Work instructions →
Below this line is a set of entries; quote exactly the lines from the line that contains "next (q ∷ pat)" to the line that contains "glob_loop (suc fuel) pat (c", both lines included.

Given data →
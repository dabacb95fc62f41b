-- ===== src/Crypto/Examples.antt =====
-- A cipher that appends a tag of zeros, and runs of the theorems on it.
use tunshell_mcp_agents.Prelude.{
  ℕ, ◌+◌, ◌≤◌, ◌≡◌, ◌≢◌, refl, [], ◌∷◌, ◌++◌, Option, inr, none, some, length, length-append, arith,
  subst,
}
use tunshell_mcp_agents.Safety.Words.{text}
use tunshell_mcp_agents.Udp.Bytes.{Bytes}
use tunshell_mcp_agents.Crypto.{
  Primitives, Cipher, room_key, encrypt_bytes, encrypt_str, decrypt_str, transport,
}
use tunshell_mcp_agents.Crypto.Envelope.{IsLawful, decrypt-encrypt}
use tunshell_mcp_agents.Crypto.RoomKey.{room_key-collides}

abbrev zero_tag : Bytes
zero_tag = 0 ∷ 0 ∷ 0 ∷ 0 ∷ 0 ∷ 0 ∷ 0 ∷ 0 ∷ 0 ∷ 0 ∷ 0 ∷ 0 ∷ 0 ∷ 0 ∷ 0 ∷ 0 ∷ []

-- The tag stands in front here, so that opening drops it.
unfoldable toy_encrypt : Bytes → Bytes → Bytes → Option Bytes
toy_encrypt key nonce plaintext = some (zero_tag ++ plaintext)

unfoldable toy_decrypt : Bytes → Bytes → Bytes → Option Bytes
toy_decrypt key nonce
      (t0 ∷ t1 ∷ t2 ∷ t3 ∷ t4 ∷ t5 ∷ t6 ∷ t7 ∷ t8 ∷ t9 ∷ t10 ∷ t11 ∷ t12 ∷ t13 ∷ t14 ∷ t15 ∷ p) =
    some p
toy_decrypt key nonce _ = none

abbrev toy_draw : ℕ → Bytes
toy_draw call = call ∷ 0 ∷ 0 ∷ 0 ∷ 0 ∷ 0 ∷ 0 ∷ 0 ∷ 0 ∷ 0 ∷ 0 ∷ 0 ∷ []

abbrev toy : Primitives
toy = record {
  sha256 = λ b. b;
  aead_encrypt = toy_encrypt;
  aead_decrypt = toy_decrypt;
  base64_encode = λ b. b;
  base64_decode = λ s. some s;
  to_utf8 = λ s. s;
  from_utf8 = λ b. some b;
  draw = toy_draw;
}

toy-opens :
    (key nonce plaintext c : Bytes)
    → toy_encrypt key nonce plaintext ≡ some c
    → toy_decrypt key nonce c ≡ some plaintext
unfolding toy_encrypt toy_decrypt
toy-opens key nonce plaintext c h = cc

toy-tagged :
    (key nonce plaintext c : Bytes) → toy_encrypt key nonce plaintext ≡ some c → 16 ≤ length c
unfolding toy_encrypt
toy-tagged key nonce plaintext c h =
    let made : zero_tag ++ plaintext ≡ c = cc in
    let long : length (zero_tag ++ plaintext) ≡ 16 + length plaintext =
      length-append zero_tag plaintext in
    subst (λ t. 16 ≤ length t) made (omega (arith, long))

toy-IsLawful : IsLawful toy
toy-IsLawful = record {
  opens = toy-opens;
  tagged = toy-tagged;
  drawn = λ call. refl;
  base64 = λ raw. refl;
  utf8 = λ s. refl;
}

abbrev toy_cipher : Cipher
toy_cipher = record { key = 7 ∷ [] }

decrypt-encrypt_example :
    ((transport toy toy_cipher).decrypt_bytes (toy_draw 1 ++ zero_tag ++ 5 ∷ 6 ∷ [])
      ≡ some (5 ∷ 6 ∷ []))
    × ((toy_draw 1 ++ zero_tag ++ 5 ∷ 6 ∷ []) ≢ [])
    × (decrypt_str toy toy_cipher (toy_draw 1 ++ zero_tag ++ text "hi") ≡ inr (text "hi"))
unfolding encrypt_bytes encrypt_str toy_encrypt
decrypt-encrypt_example =
    decrypt-encrypt toy toy-IsLawful toy_cipher 1 (5 ∷ 6 ∷ [])
      (toy_draw 1 ++ zero_tag ++ 5 ∷ 6 ∷ []) (text "hi") (toy_draw 1 ++ zero_tag ++ text "hi") refl
      refl

room_key-collides_example :
    room_key toy (text "fleet:a") (text "b") ≡ room_key toy (text "fleet") (text "a:b")
room_key-collides_example = room_key-collides toy (text "fleet") (text "a") (text "b")
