-- ===== src/Exclude.antt =====
-- The patterns of crates/mcp-server/src/exclude.rs: `is_excluded`, `dir_excluded` and the matcher
-- below them. A position in the pattern or the text is the rest from there on. The loop of
-- `glob_match` runs on fuel and says `none` where that runs out.
pub mod Sound
mod Examples
use tunshell_mcp_agents.Prelude.{
  ℕ, zero, suc, ◌+◌, ◌*◌, List, [], ◌∷◌, ◌++◌, Option, none, some, Bool, true, false, ◌&&◌, ◌||◌,
  not, nat_beq, if◌then◌else◌, length, any,
}
use tunshell_mcp_agents.Safety.Words.{Text, is_empty, split, trim, contains_char}

-- The anchor: where the pattern goes on behind the star, what the star may absorb next, and
-- whether it is `**`.
pub record Star : Type 0 where
  pub resume : Text
  pub from : Text
  pub double : Bool

-- `while j < p.len() && p[j] == '*'`, then `j == p.len()`.
unfoldable pub only_stars : Text → Bool
only_stars [] = true
only_stars (q ∷ pat) = nat_beq q 42 && only_stars pat

abbrev pub begins_star : Text → Bool
begins_star [] = false
begins_star (q ∷ pat) = nat_beq q 42

abbrev pub tail : Text → Text
tail [] = []
tail (q ∷ pat) = pat

-- The star whose first character has been read.
unfoldable pub star_at : Text → Text → Star
star_at pat text = record {
  resume = if begins_star pat then tail pat else pat;
  from = text;
  double = begins_star pat;
}

-- What the loop does with a character: end, or go on with the rests and the anchor.
pub data Next : Type 0 where
  fails : Next
  goes_on : Text → Text → Option Star → Next

abbrev pub carry_on : (Text → Text → Option Star → Option Bool) → Next → Option Bool
carry_on run fails = some false
carry_on run (goes_on pat text star) = run pat text star

-- Two characters of fuel more than the text has, for each position in the pattern.
abbrev pub fuel_for : Text → Text → ℕ
fuel_for pat text = (length text + 2) * (length pat + 1)

abbrev pub or_false : Option Bool → Bool
or_false none = false
or_false (some b) = b

module _ (slash_sensitive : Bool) where
  abbrev pub is_literal : ℕ → ℕ → Bool
  is_literal q c = nat_beq q c || (nat_beq q 63 && not (slash_sensitive && nat_beq c 47))

  abbrev pub blocks : Star → ℕ → Bool
  blocks star c = not star.double && (slash_sensitive && nat_beq c 47)

  unfoldable pub extend_from : Star → Text → Next
  extend_from s [] = fails
  extend_from s (c ∷ rest) =
      if blocks s c then fails else goes_on s.resume rest (some (record s { from = rest }))

  -- The star absorbs the next character; `from` is not empty in a run of the loop.
  unfoldable pub extend : Option Star → Next
  unfolding extend_from
  extend none = fails
  extend (some star) = extend_from star star.from

  unfoldable pub next : Text → ℕ → Text → Option Star → Next
  unfolding star_at extend
  next [] c text star = extend star
  next (q ∷ pat) c text star =
      let s = star_at pat (c ∷ text) in
      if nat_beq q 42
      then goes_on s.resume (c ∷ text) (some s)
      else if is_literal q c
      then goes_on pat text star
      else extend star

  unfoldable pub glob_loop : ℕ → Text → Text → Option Star → Option Bool
  unfolding next only_stars
  glob_loop zero pat text star = none
  glob_loop (suc fuel) pat [] star = some (only_stars pat)
  glob_loop (suc fuel) pat (c ∷ text) star =
      carry_on (λ p t s. glob_loop fuel p t s) (next pat c text star)

  unfoldable pub glob_match : Text → Text → Bool
  unfolding glob_loop
  glob_match pat text = or_false (glob_loop (fuel_for pat text) pat text none)

unfoldable pub path_or_subtree : Text → Text → Bool
unfolding glob_match
path_or_subtree pat rel = glob_match true pat rel || glob_match true (pat ++ 47 ∷ 42 ∷ 42 ∷ []) rel

abbrev pub is_slash : ℕ → Bool
is_slash c = nat_beq c 47

-- `strip_suffix('/').unwrap_or(pat)`
unfoldable pub strip_slash : Text → Text
strip_slash [] = []
strip_slash (c ∷ []) = if is_slash c then [] else c ∷ []
strip_slash (c ∷ d ∷ pat) = c ∷ strip_slash (d ∷ pat)

unfoldable pub unanchored : Text → Text → Bool
unfolding path_or_subtree glob_match
unanchored pat rel =
    if contains_char pat 47
    then path_or_subtree pat rel
    else any (λ seg. glob_match false pat seg) (split is_slash rel)

unfoldable pub matches_stripped : Text → Text → Bool
unfolding path_or_subtree unanchored
matches_stripped rel [] = false
matches_stripped rel (c ∷ pat) =
    if is_slash c then path_or_subtree pat rel else unanchored (c ∷ pat) rel

unfoldable pub matches_pattern : Text → Text → Bool
unfolding trim strip_slash matches_stripped
matches_pattern rel pattern = matches_stripped rel (strip_slash (trim pattern))

unfoldable pub is_excluded : Text → List Text → Bool
unfolding matches_pattern
is_excluded rel_path patterns = any (matches_pattern rel_path) patterns

unfoldable pub dir_excluded : Text → List Text → Bool
unfolding matches_pattern
dir_excluded rel_dir patterns = not (is_empty rel_dir) && any (matches_pattern rel_dir) patterns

Task output →
  next (q ∷ pat) c text star =
      let s = star_at pat (c ∷ text) in
      if nat_beq q 42
      then goes_on s.resume (c ∷ text) (some s)
      else if is_literal q c
      then goes_on pat text star
      else extend star

  unfoldable pub glob_loop : ℕ → Text → Text → Option Star → Option Bool
  unfolding next only_stars
  glob_loop zero pat text star = none
  glob_loop (suc fuel) pat [] star = some (only_stars pat)
  glob_loop (suc fuel) pat (c ∷ text) star =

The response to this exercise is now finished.